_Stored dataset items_
-- ===== src/Futures/Outbox.antt =====
-- service/futures/outbox.go: delivery of the notification outbox.
pub mod Progress
pub mod Rounds
pub mod Promise
use zhigu.Base.{
  ℕ, zero, suc, ◌+◌, ◌*◌, Bool, true, false, not, ◌&&◌, ◌||◌, Option, none, some, List, [], ◌∷◌,
  String, str_eq, count, update, first, least, ltb, leb, ◌==◌, if◌then◌else◌, Result, ok, err,
  Error, ◌>>=◌, ◌>>◌, guard,
}
use zhigu.Futures.Store.{
  OutboxEvent, Payload, not_object, object, OutboxValue, OutboxState, pending, delivered, dead,
  Notification, Store,
}
use zhigu.Futures.Notify.{has_dedupe_key}

abbrev is_valid_event : OutboxEvent → Bool
is_valid_event e =
    str_eq e.schema_version "futures.outbox-event.v1"
    && not (str_eq e.type "")
    && not (str_eq e.object_type "")
    && not (str_eq e.object_id "")
    && leb 1 e.object_version

-- What gorm makes of the column when it reads the row.
abbrev pub read_payload : Payload → Result (Option OutboxEvent)
read_payload not_object = err Error.unreadable
read_payload (object e) = ok e

-- An object that is no event fails to unmarshal.
abbrev pub parse_outbox_event : Option OutboxEvent → Result OutboxEvent
parse_outbox_event none = err Error.invalid_input
parse_outbox_event (some e) = if is_valid_event e then ok e else err Error.invalid_input

-- Nanoseconds.
unfoldable pub outbox_backoff : ℕ → ℕ
outbox_backoff attempt =
    if leb attempt 1
    then 10_000_000_000
    else if attempt == 2
    then 30_000_000_000
    else if attempt == 3
    then 60_000_000_000
    else 300_000_000_000

unfoldable pub outbox_state_after_failure : ℕ → ℕ → OutboxState
outbox_state_after_failure attempts_before attempts_after =
    if leb 10 attempts_before || ltb 10 attempts_after then dead else pending

abbrev pub is_pending : OutboxState → Bool
is_pending pending = true
is_pending _ = false

abbrev pub with_id : String → OutboxValue → Bool
with_id id v = str_eq v.id id

abbrev pub failure_row : ℕ → ℕ → OutboxValue → OutboxValue
failure_row attempts_before now v = record v {
  attempts = attempts_before + 1;
  state = outbox_state_after_failure attempts_before (attempts_before + 1);
  next_attempt_at = now + outbox_backoff (attempts_before + 1);
}

unfoldable pub record_outbox_failure : String → ℕ → Store → Result Store
record_outbox_failure id now s = elim (first (λ v. with_id id v && is_pending v.state) s.outbox) [
  | none ↦ err Error.not_found
  | some row ↦ read_payload row.payload >>= λ _.
      ok (record s { outbox = update (with_id id) (failure_row row.attempts now) s.outbox })
]

-- The rows that ProcessOutbox may take; another transaction holds the `locked` ones.
abbrev pub is_due : (String → Bool) → ℕ → OutboxValue → Bool
is_due locked now v = is_pending v.state && leb v.next_attempt_at now && not (locked v.id)

-- `ORDER BY next_attempt_at`, to which gorm's First adds the primary key.
abbrev pub next_due :
    (String → String → Bool) → (OutboxValue → Bool) → List OutboxValue → Option OutboxValue
next_due id_before = least (λ v. v.next_attempt_at) (λ v w. id_before v.id w.id)

abbrev pub delivered_row : ℕ → OutboxValue → OutboxValue
delivered_row attempts_before v = record v { state = delivered; attempts = attempts_before + 1 }

-- The insert under `if count == 0`.
abbrev pub notify_once : OutboxValue → OutboxEvent → Store → Store
notify_once row event s =
    if count (has_dedupe_key row.dedupe_key) s.notifications == 0
    then record s { notifications = notification ∷ s.notifications }
    else s
  where
    notification : Notification
    notification = record {
      owner_id = row.owner_id;
      mode = row.mode;
      type = event.type;
      object_id = event.object_id;
      object_version = event.object_version;
      dedupe_key = row.dedupe_key;
    }

-- The transaction of one delivery at its row.
unfoldable pub deliver : OutboxValue → Store → Result Store
deliver row s = do
  payload ← read_payload row.payload
  event ← parse_outbox_event payload
  let t = notify_once row event s
  ok (record t { outbox = update (with_id row.id) (delivered_row row.attempts) t.outbox })

-- How ProcessOutbox ends: with the number of deliveries, and with an error or none.
pub record Outcome : Type 0 where
  pub processed : ℕ
  pub error : Option Error
  pub store : Store

abbrev pub done : ℕ → Store → Outcome
done processed s = record { processed = processed; error = none; store = s }

abbrev pub failed_with : ℕ → Error → Store → Outcome
failed_with processed e s = record { processed = processed; error = some e; store = s }

-- One round of the loop at a row: what is left to do, or the end.
abbrev after_failure : (ℕ → Store → Option Outcome) → OutboxValue → ℕ → ℕ → Store → Option Outcome
after_failure continue row now processed s = elim (record_outbox_failure row.id now s) [
  | err e ↦ some (failed_with processed e s)
  | ok t ↦ continue processed t
]

abbrev pub round :
    (ℕ → Store → Option Outcome) → Option OutboxValue → ℕ → ℕ → Store → Option Outcome
round continue none now processed s = some (done processed s)
round continue (some row) now processed s = elim (deliver row s) [
  | ok t ↦ continue (processed + 1) t
  | err e ↦ after_failure continue row now processed s
]

-- `for processed < limit`, on fuel; nothing comes back if the fuel runs out.
unfoldable pub process_loop :
    ℕ → (String → String → Bool) → (String → Bool) → ℕ → ℕ → ℕ → Store → Option Outcome
process_loop zero id_before locked now limit processed s = none
process_loop (suc fuel) id_before locked now limit processed s = elim (leb limit processed) [
  | true ↦ some (done processed s)
  | false ↦
      round (λ p t. process_loop fuel id_before locked now limit p t)
        (next_due id_before (is_due locked now) s.outbox) now processed s
]

abbrev pub effective_limit : ℕ → ℕ
effective_limit limit = if limit == 0 || ltb 2000 limit then 2000 else limit

unfoldable pub process_outbox :
    ℕ → (String → String → Bool) → (String → Bool) → ℕ → ℕ → Store → Option Outcome
unfolding process_loop
process_outbox fuel id_before locked now limit s =
    process_loop fuel id_before locked now (effective_limit limit) 0 s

_WORK REQUEST_
What lines in the entries above include the string "OutboxEvent"? Return each one.

_OUTPUT FOR THIS EXERCISE_
  OutboxEvent, Payload, not_object, object, OutboxValue, OutboxState, pending, delivered, dead,
abbrev is_valid_event : OutboxEvent → Bool
abbrev pub read_payload : Payload → Result (Option OutboxEvent)
abbrev pub parse_outbox_event : Option OutboxEvent → Result OutboxEvent
abbrev pub notify_once : OutboxValue → OutboxEvent → Store → Store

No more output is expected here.